Stored data
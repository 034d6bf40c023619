-- ===== src/Constprop/Sound/Step.antt =====
-- One opcode: the case of the switch describes the registers that the interpreter's handler leaves.
use lightrec.Base.{
  ℕ, ◌/◌, ◌%◌, ◌^◌, ◌<◌, ◌≤◌, ◌≡◌, ◌≢◌, IsU32, arith, sext16, inl, inr, Bool, Bool-cases, true,
  false, ◌&&◌, subst, refl, ==_cases, ◌==◌, if◌then◌else◌, Option, none,
}
use lightrec.Base.Bits.{shl-lt, sext16-lt}
use lightrec.Isa.{
  Opcode, Standard, Special, Meta, rs, rt, rd, r_imm, i_imm, op_of, special_of, meta_of,
}
use lightrec.Isa.{rs-lt, rt-lt, rd-lt, r_imm-lt, i_imm-lt}
use lightrec.Optimizer.{reg_lo, reg_hi}
use lightrec.Interpreter.Regs.{Gpr, AreWords, set_reg, set_reg_nonzero}
use lightrec.Interpreter.Regs.{set_reg_self, set_reg_ne, set_reg_nonzero_self, set_reg_nonzero_ne}
use lightrec.Interpreter.Alu.{
  int_slti, int_sltiu, int_andi, int_ori, int_xori, int_lui, int_special_sll, int_special_srl,
  int_special_sra, int_special_sllv, int_special_srav, int_special_mfhi, int_special_mthi,
  int_special_mflo, int_special_mtlo, int_special_mult, int_special_multu, int_special_div,
  int_special_divu, int_special_and, int_special_or, int_special_xor, int_special_nor,
  int_special_slt, int_special_sltu, int_meta_mov, int_meta_extc, int_meta_exts, int_meta_com,
  write_hi_lo,
}
use lightrec.Interpreter.Table.{Effect, regs, of_option, special_effect, meta_effect}
use lightrec.Interpreter.Table.{effect_of, effect}
use lightrec.Constprop.Data.{ConstpropData, Consts, set_const, constant, forget}
use lightrec.Constprop.Compare.{lightrec_propagate_slt}
use lightrec.Constprop.Switch.{standard_case, special_case, meta_case, forget_mult_div}
use lightrec.Constprop.Describes.{Describes, DescribesAll, constant-Describes, forget-Describes}
use lightrec.Constprop.Describes.{set_const_self, set_const_ne, Describes-eq}
use lightrec.Constprop.Shift.{sll_consts}
use native.Mathlib.Nat.{mod-le, div-le_self}
use lightrec.Constprop.Sound.MultDiv.{forget_mult_div-Describes}
use lightrec.Interpreter.Words.{product-words, sdiv32-word, smod32-word}
use lightrec.Constprop.Sound.Logic.{and-Describes, or-Describes, xor-Describes, nor-Describes}
use lightrec.Constprop.Sound.Shift.{
  sll-Describes, srl-Describes, sra-Describes, sllv-Describes, srav-Describes,
}
use lightrec.Constprop.Sound.Immediate.{andi-Describes, ori-Describes, xori-Describes}
use lightrec.Constprop.Sound.Extend.{com-Describes, extc-Describes, exts-Describes}
use lightrec.Constprop.Sound.Compare.{slt-Describes, sltu-Describes}

-- The function codes whose case is sound as it stands. The sums go through the carry loop, and SRLV
-- keeps a stale sign mask for a shift by zero.
unfoldable pub covered_special : Special → Bool
covered_special Special.add = false
covered_special Special.addu = false
covered_special Special.sub = false
covered_special Special.subu = false
covered_special Special.srlv = false
covered_special _ = true

unfoldable pub covered_standard : Standard → Special → Bool
unfolding covered_special
covered_standard Standard.special s = covered_special s
covered_standard Standard.addi s = false
covered_standard Standard.addiu s = false
covered_standard Standard.meta_mult2 s = false
covered_standard Standard.meta_multu2 s = false
covered_standard _ s = true

-- The array is right but for register 0, which the pass resets at its end.
abbrev pub DescribesAbove : Consts → Effect → Type 0
DescribesAbove v (regs g) = (r : ℕ) → 0 < r → r < 32 → Describes (v r) (g r)
DescribesAbove v _ = Unit {0}

module _ {v : Consts} {g : Gpr} (all : DescribesAll v g) where
  set-DescribesAbove :
      (t : ℕ) (d : ConstpropData) (x : ℕ)
      → Describes d x
      → DescribesAbove (set_const t d v) (regs (set_reg t x g))
  set-DescribesAbove t d x p r pos hr = elim (==_cases t r) [
    | inl e ↦ rw (← e) (Describes-eq (set_const_self t d v) (set_reg_self t x g) p)
    | inr ne ↦
        let h : t ≢ r = ground arith in
        Describes-eq (set_const_ne t d v r h) (set_reg_ne t x g r h) (all r hr)
  ]

  pub set_nonzero-DescribesAbove :
      (t : ℕ) (d : ConstpropData) (x : ℕ)
      → Describes d x
      → DescribesAbove (set_const t d v) (regs (set_reg_nonzero t x g))
  set_nonzero-DescribesAbove t d x p r pos hr = elim (==_cases t r) [
    | inl e ↦
        rw (← e)
          (Describes-eq (set_const_self t d v) (set_reg_nonzero_self t x g (omega (arith, e))) p)
    | inr ne ↦
        let h : t ≢ r = ground arith in
        Describes-eq (set_const_ne t d v r h) (set_reg_nonzero_ne t x g r h) (all r hr)
  ]

  forget-at : (t : ℕ) → t < 32 → (x : ℕ) → IsU32 x → Describes (forget (v t)) x
  forget-at t ht x hx = forget-Describes (v t) x ((all t ht).value_word) hx

module _ {v : Consts} {g : Gpr} (all : DescribesAll v g) (words : AreWords g) (op : Opcode) where
  operand_rs : Describes (v (rs op.c)) (g (rs op.c))
  operand_rs = all (rs op.c) (rs-lt op.c)

  operand_rt : Describes (v (rt op.c)) (g (rt op.c))
  operand_rt = all (rt op.c) (rt-lt op.c)

  mult_div :
      (hi lo : ℕ)
      → IsU32 hi
      → IsU32 lo
      → DescribesAbove (forget_mult_div op.c v) (regs (write_hi_lo op hi lo g))
  mult_div hi lo hhi hlo = forget_mult_div-Describes all words op hi lo hhi hlo

  DescribesAbove-if :
      (b : Bool) (e f : Option Gpr)
      → DescribesAbove (forget_mult_div op.c v) (of_option e)
      → DescribesAbove (forget_mult_div op.c v) (of_option f)
      → DescribesAbove (forget_mult_div op.c v) (of_option (if b then e else f))
  DescribesAbove-if true e f h k = h
  DescribesAbove-if false e f h k = k

  div_sound : DescribesAbove (forget_mult_div op.c v) (of_option (int_special_div op g))
  unfolding int_special_div
  div_sound =
      DescribesAbove-if (g (rt op.c) == 0) _ _ (mult_div _ _ (words (rs op.c)) (ground arith)) (
        DescribesAbove-if ((g (rs op.c) == 0x80000000) && (g (rt op.c) == 0xffffffff)) none _ tt (
          mult_div _ _ (smod32-word _ (g (rt op.c)) (words (rs op.c)))
            (sdiv32-word _ (g (rt op.c)) (words (rs op.c)))))

  divu_sound : DescribesAbove (forget_mult_div op.c v) (regs (int_special_divu op g))
  unfolding int_special_divu
  divu_sound = elim (Bool-cases (g (rt op.c) == 0)) [
    | inl z ↦ rw z (mult_div _ _ (words (rs op.c)) (omega arith))
    | inr nz ↦ rw nz (
        mult_div _ _ (omega (arith, mod-le (g (rs op.c)) (g (rt op.c)), words (rs op.c)))
          (omega (arith, div-le_self (g (rs op.c)) (g (rt op.c)), words (rs op.c))))
  ]

  sll_sound :
      DescribesAbove
        (set_const (rd op.c) (sll_consts (r_imm op.c) (v (rt op.c))) v)
        (regs (int_special_sll op g))
  unfolding int_special_sll
  sll_sound = elim (==_cases op.c 0) [
    | inl z ↦
        let e : (op.c == 0) ≡ true = ground arith in
        rw e (λ r pos hr.
          Describes-eq (set_const_ne (rd op.c) _ v r (nop_target r pos z)) refl (all r hr))
    | inr nz ↦
        rw nz (set-DescribesAbove all _ _ _ (sll-Describes (r_imm op.c) (r_imm-lt op.c) operand_rt))
  ]
    where
      nop_target : (r : ℕ) → 0 < r → op.c ≡ 0 → rd op.c ≢ r
      nop_target r pos z =
          unfold rd in (let e : op.c / 2 ^ 11 % 2 ^ 5 ≡ 0 = omega arith in omega arith)

  unchanged : (t x : ℕ) → 32 ≤ t → DescribesAbove v (regs (set_reg t x g))
  unchanged t x high r pos hr = Describes-eq refl (set_reg_ne t x g r (omega arith)) (all r hr)

  sound_special :
      (s : Special) (pc idx : ℕ)
      → covered_special s ≡ true
      → DescribesAbove (special_case s pc idx op.c v) (special_effect s op g)
  unfolding special_case special_effect covered_special
  sound_special Special.sll pc idx c = sll_sound
  sound_special Special.srl pc idx c =
      unfold int_special_srl in
      set-DescribesAbove all _ _ _ (srl-Describes (r_imm op.c) (r_imm-lt op.c) operand_rt)
  sound_special Special.sra pc idx c =
      unfold int_special_sra in
      set-DescribesAbove all _ _ _ (sra-Describes (r_imm op.c) (r_imm-lt op.c) operand_rt)
  sound_special Special.sllv pc idx c =
      unfold int_special_sllv in
      set-DescribesAbove all _ _ _ (
        sllv-Describes operand_rs operand_rt (v (rd op.c))
          ((all (rd op.c) (rd-lt op.c)).value_word))
  sound_special Special.srav pc idx c =
      unfold int_special_srav in
      set-DescribesAbove all _ _ _ (
        srav-Describes operand_rs operand_rt (v (rd op.c))
          ((all (rd op.c) (rd-lt op.c)).value_word))
  sound_special Special.mfhi pc idx c =
      unfold int_special_mfhi in
      set_nonzero-DescribesAbove all _ _ _ (forget-at all (rd op.c) (rd-lt op.c) _ (words reg_hi))
  sound_special Special.mflo pc idx c =
      unfold int_special_mflo in
      set_nonzero-DescribesAbove all _ _ _ (forget-at all (rd op.c) (rd-lt op.c) _ (words reg_lo))
  sound_special Special.mthi pc idx c = unfold int_special_mthi in unchanged reg_hi _ (omega arith)
  sound_special Special.mtlo pc idx c = unfold int_special_mtlo in unchanged reg_lo _ (omega arith)
  sound_special Special.mult pc idx c =
      unfold int_special_mult in mult_div _ _ (omega arith) (omega arith)
  sound_special Special.multu pc idx c =
      unfold int_special_multu in
      mult_div _ _ (product-words _ _ (words (rs op.c)) (words (rt op.c))) (omega arith)
  sound_special Special.div pc idx c = div_sound
  sound_special Special.divu pc idx c = divu_sound
  sound_special Special.and pc idx c =
      unfold int_special_and in
      set_nonzero-DescribesAbove all _ _ _ (and-Describes _ _ _ _ operand_rt operand_rs)
  sound_special Special.or pc idx c =
      unfold int_special_or in
      set_nonzero-DescribesAbove all _ _ _ (or-Describes _ _ _ _ operand_rt operand_rs)
  sound_special Special.xor pc idx c =
      unfold int_special_xor in
      set_nonzero-DescribesAbove all _ _ _ (xor-Describes _ _ _ _ operand_rt operand_rs)
  sound_special Special.nor pc idx c =
      unfold int_special_nor in
      set_nonzero-DescribesAbove all _ _ _ (nor-Describes _ _ _ _ operand_rt operand_rs)
  sound_special Special.slt pc idx c =
      unfold int_special_slt lightrec_propagate_slt in
      set_nonzero-DescribesAbove all _ _ _ (slt-Describes operand_rs operand_rt)
  sound_special Special.sltu pc idx c =
      unfold int_special_sltu lightrec_propagate_slt in
      set_nonzero-DescribesAbove all _ _ _ (sltu-Describes operand_rs operand_rt)
  sound_special Special.add pc idx c = cc
  sound_special Special.addu pc idx c = cc
  sound_special Special.sub pc idx c = cc
  sound_special Special.subu pc idx c = cc
  sound_special Special.srlv pc idx c = cc
  sound_special _ pc idx c = tt

  sound_meta : (m : Meta) → DescribesAbove (meta_case m op.c v) (meta_effect m op g)
  unfolding meta_case meta_effect
  sound_meta Meta.mov = unfold int_meta_mov in set_nonzero-DescribesAbove all _ _ _ operand_rs
  sound_meta Meta.extc =
      unfold int_meta_extc in set_nonzero-DescribesAbove all _ _ _ (extc-Describes operand_rs)
  sound_meta Meta.exts =
      unfold int_meta_exts in set_nonzero-DescribesAbove all _ _ _ (exts-Describes operand_rs)
  sound_meta Meta.complement =
      unfold int_meta_com in set_nonzero-DescribesAbove all _ _ _ (com-Describes operand_rs)
  sound_meta Meta.unknown = tt

  immediate : Describes (constant (sext16 (i_imm op.c))) (sext16 (i_imm op.c))
  immediate = constant-Describes _ (sext16-lt (i_imm op.c))

  sound_standard :
      (o : Standard) (pc idx : ℕ)
      → covered_standard o (special_of op.c) ≡ true
      → DescribesAbove (standard_case o pc idx op.c v) (effect_of o op g)
  unfolding standard_case effect_of covered_standard
  sound_standard Standard.special pc idx c = sound_special (special_of op.c) pc idx c
  sound_standard Standard.slti pc idx c =
      unfold int_slti lightrec_propagate_slt in
      set_nonzero-DescribesAbove all _ _ _ (slt-Describes operand_rs immediate)
  sound_standard Standard.sltiu pc idx c =
      unfold int_sltiu lightrec_propagate_slt in
      set_nonzero-DescribesAbove all _ _ _ (sltu-Describes operand_rs immediate)
  sound_standard Standard.andi pc idx c =
      unfold int_andi in
      set_nonzero-DescribesAbove all _ _ _ (andi-Describes operand_rs (i_imm op.c) (i_imm-lt op.c))
  sound_standard Standard.ori pc idx c =
      unfold int_ori in
      set_nonzero-DescribesAbove all _ _ _ (ori-Describes operand_rs (i_imm op.c) (i_imm-lt op.c))
  sound_standard Standard.xori pc idx c =
      unfold int_xori in
      set_nonzero-DescribesAbove all _ _ _ (xori-Describes operand_rs (i_imm op.c) (i_imm-lt op.c))
  sound_standard Standard.lui pc idx c =
      unfold int_lui in set-DescribesAbove all _ _ _ (constant-Describes _ (shl-lt (i_imm op.c) 16))
  sound_standard Standard.meta pc idx c = sound_meta (meta_of op.c)
  sound_standard Standard.addi pc idx c = cc
  sound_standard Standard.addiu pc idx c = cc
  sound_standard Standard.meta_mult2 pc idx c = cc
  sound_standard Standard.meta_multu2 pc idx c = cc
  sound_standard _ pc idx c = tt

module _ {v : Consts} {g : Gpr} (all : DescribesAll v g) (words : AreWords g) (op : Opcode) where
  -- The final reset of register 0 completes the array.
  pub step-DescribesAll :
      (g' : Gpr) (pc idx : ℕ)
      → covered_standard (op_of op.c) (special_of op.c) ≡ true
      → effect op g ≡ regs g'
      → g' 0 ≡ 0
      → DescribesAll (set_const 0 (constant 0) (standard_case (op_of op.c) pc idx op.c v)) g'
  unfolding effect
  step-DescribesAll g' pc idx c e z r hr = elim (==_cases 0 r) [
    | inl e0 ↦
        rw (← e0) (Describes-eq (set_const_self 0 _ _) z (constant-Describes 0 (omega arith)))
    | inr ne ↦ Describes-eq (set_const_ne 0 _ _ r (ground arith)) refl (
        (subst (DescribesAbove (standard_case (op_of op.c) pc idx op.c v)) e
            (sound_standard all words op (op_of op.c) pc idx c))
          r (ground arith) hr)
  ]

» **Exercise goal**
Write out each line above that contains the word "unchanged".

» **Answer to the problem**
  unchanged : (t x : ℕ) → 32 ≤ t → DescribesAbove v (regs (set_reg t x g))
  unchanged t x high r pos hr = Describes-eq refl (set_reg_ne t x g r (omega arith)) (all r hr)
  sound_special Special.mthi pc idx c = unfold int_special_mthi in unchanged reg_hi _ (omega arith)
  sound_special Special.mtlo pc idx c = unfold int_special_mtlo in unchanged reg_lo _ (omega arith)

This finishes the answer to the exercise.